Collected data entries
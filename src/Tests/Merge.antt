-- ===== src/Tests/Merge.antt =====
-- Merges of proposals, with whole numbers for distances and scores.
use h2ai_control_plane.Prelude.{
  ◌+◌, ℕ, ◌≡◌, refl, String, true, some, none, Option, List, [], ◌∷◌, arith, ltb, ◌==◌, ◌||◌,
  if◌then◌else◌, eq_string,
}
use mathlib.Core.Option
use h2ai_control_plane.HashMap
use h2ai_control_plane.HashMap.{HashMap}
use h2ai_control_plane.Sorting.{IsStrictWeak}
use h2ai_control_plane.Identity.{ExplorerId}
use h2ai_control_plane.Proposals.{ProposalEvent, BranchPrunedEvent, ProposalSet}
use h2ai_control_plane.Tests.Constraints.{whole}
use h2ai_control_plane.Merge.Krum.{
  range, multi_krum_from, quorum_satisfied, multi_krum_select_semantic, semantic_distance_matrix,
  at_positions,
}
use h2ai_control_plane.Merge.Survivors.{IsSelection, multi_krum_select_semantic-IsSelection}
use h2ai_control_plane.Merge.Types.{
  MergeOutcome, multi_outlier_resistant, from_role_costs, outlier_resistant,
}
use h2ai_control_plane.Merge.Accumulator.{ConstraintViolation, RetryAccumulator, update}
use h2ai_control_plane.Merge.Rates.{violations_of, update-get}
use h2ai_control_plane.Merge.Engine.{Host, resolve}
use h2ai_control_plane.Merge.Outcome.{IsMergeOf, resolve-IsMergeOf}

below-IsStrictWeak : IsStrictWeak ltb
below-IsStrictWeak = record {
  irrefl = λ a. ground arith;
  trans = λ a b c h k. ground arith;
  neg_trans = λ a b c h k. ground arith;
}

abbrev host : Host ℕ ℕ
host = record {
  floats = whole;
  floats32 = whole;
  vectors = record { widen = λ x. x; root = λ x. x; minus_one = 0; tiny = 0 };
  roots = record { root = λ x. x; least_distance = 1; least_norm = 0 };
  two = 2;
  max_cluster_diameter = 1;
  is_alphanumeric = λ c. true;
  to_lowercase = λ s. s;
}

abbrev proposal : ExplorerId → String → ProposalEvent
proposal explorer_id raw_output = record {
  task_id = 1;
  explorer_id = explorer_id;
  generation = 0;
  raw_output = raw_output;
  token_cost = 5;
}

abbrev proposals : ProposalSet ℕ
proposals =
    (1, (proposal 1 "near", (0, 80)))
    ∷ (2, (proposal 2 "near", (0, 30)))
    ∷ (3, (proposal 3 "far", (0, 60)))
    ∷ (4, (proposal 4 "near", (0, 0)))
    ∷ (5, (proposal 5 "near", (0, 20)))
    ∷ []

abbrev pruned : List BranchPrunedEvent
pruned = record { explorer_id = 5; reason = "long" } ∷ []

abbrev embed : String → List ℕ
embed s = 3 ∷ []

abbrev violations : List ConstraintViolation
violations =
    record { constraint_id = "C-1" }
    ∷ record { constraint_id = "C-2" }
    ∷ record { constraint_id = "C-1" }
    ∷ []

-- Positions 0, 1 and 2 are close to each other.
abbrev distances : List (List ℕ)
distances =
    (0 ∷ 1 ∷ 2 ∷ 9 ∷ 9 ∷ [])
    ∷ (1 ∷ 0 ∷ 1 ∷ 8 ∷ 9 ∷ [])
    ∷ (2 ∷ 1 ∷ 0 ∷ 7 ∷ 9 ∷ [])
    ∷ (9 ∷ 8 ∷ 7 ∷ 0 ∷ 9 ∷ [])
    ∷ (9 ∷ 9 ∷ 9 ∷ 9 ∷ 0 ∷ [])
    ∷ []

selects_the_middle : multi_krum_from whole distances 1 2 (range 5) ≡ 1 ∷ 0 ∷ []
unfolding multi_krum_from
selects_the_middle = refl

-- Five proposals, the first three of them near each other.
abbrev five : List ProposalEvent
five = proposal 1 "a" ∷ proposal 2 "b" ∷ proposal 3 "c" ∷ proposal 4 "d" ∷ proposal 5 "e" ∷ []

abbrev alike : ℕ → ℕ → ℕ
alike i j = if ltb (i + j) 4 then 1 else 0

multi_krum_select_semantic-IsSelection_example :
    (positions : List ℕ) × ((multi_krum_select_semantic whole true alike five 1 2
        ≡ at_positions five positions)
      × IsSelection whole (semantic_distance_matrix whole 5 alike) 1 2 (range 5) positions)
multi_krum_select_semantic-IsSelection_example =
    multi_krum_select_semantic-IsSelection whole below-IsStrictWeak alike five 1 2 (omega arith)
      (omega arith) (omega arith) (unfold quorum_satisfied in refl)

resolve-IsMergeOf_example :
    (out : MergeOutcome) × ((acc : Option (RetryAccumulator ℕ)) × ((resolve host 1 proposals pruned
            (multi_outlier_resistant 0 2)
            0
            (some embed)
            (some violations)
            (some [])
            none
          ≡ some (out, acc))
        × IsMergeOf host 1 proposals pruned 0 (some []) out acc))
resolve-IsMergeOf_example =
    resolve-IsMergeOf host 1 proposals pruned (multi_outlier_resistant 0 2) 0 (some embed)
      (some violations) (some []) none (omega arith, omega arith) (1, λ s. refl)

update-get_example : HashMap.get (update whole (("C-1", 4) ∷ []) violations 2 1) "C-1" ≡ (
    if (2 == 0) || (violations_of violations "C-1" == 0)
    then HashMap.get ⦃e = eq_string⦄ (("C-1", 4) ∷ []) "C-1"
    else some (
        whole.mul_add 1 (Option.get_or (HashMap.get ⦃e = eq_string⦄ (("C-1", 4) ∷ []) "C-1") 0) (
          whole.mul
            (whole.sub 1 1)
            (whole.div (whole.of_nat (violations_of violations "C-1")) (whole.of_nat 2)))))
update-get_example = update-get whole (("C-1", 4) ∷ []) violations 2 1 "C-1"

role_costs_high : from_role_costs whole 0 (1 ∷ 5 ∷ []) 2 4 1 ≡ outlier_resistant 1
unfolding from_role_costs
role_costs_high = refl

• _Task details_:
From the entries above, list each line with "Tests" in it.

• _Reply to the exercise_:
filename src/Tests/Merge.antt
-- ===== src/Tests/Merge.antt =====
use h2ai_control_plane.Tests.Constraints.{whole}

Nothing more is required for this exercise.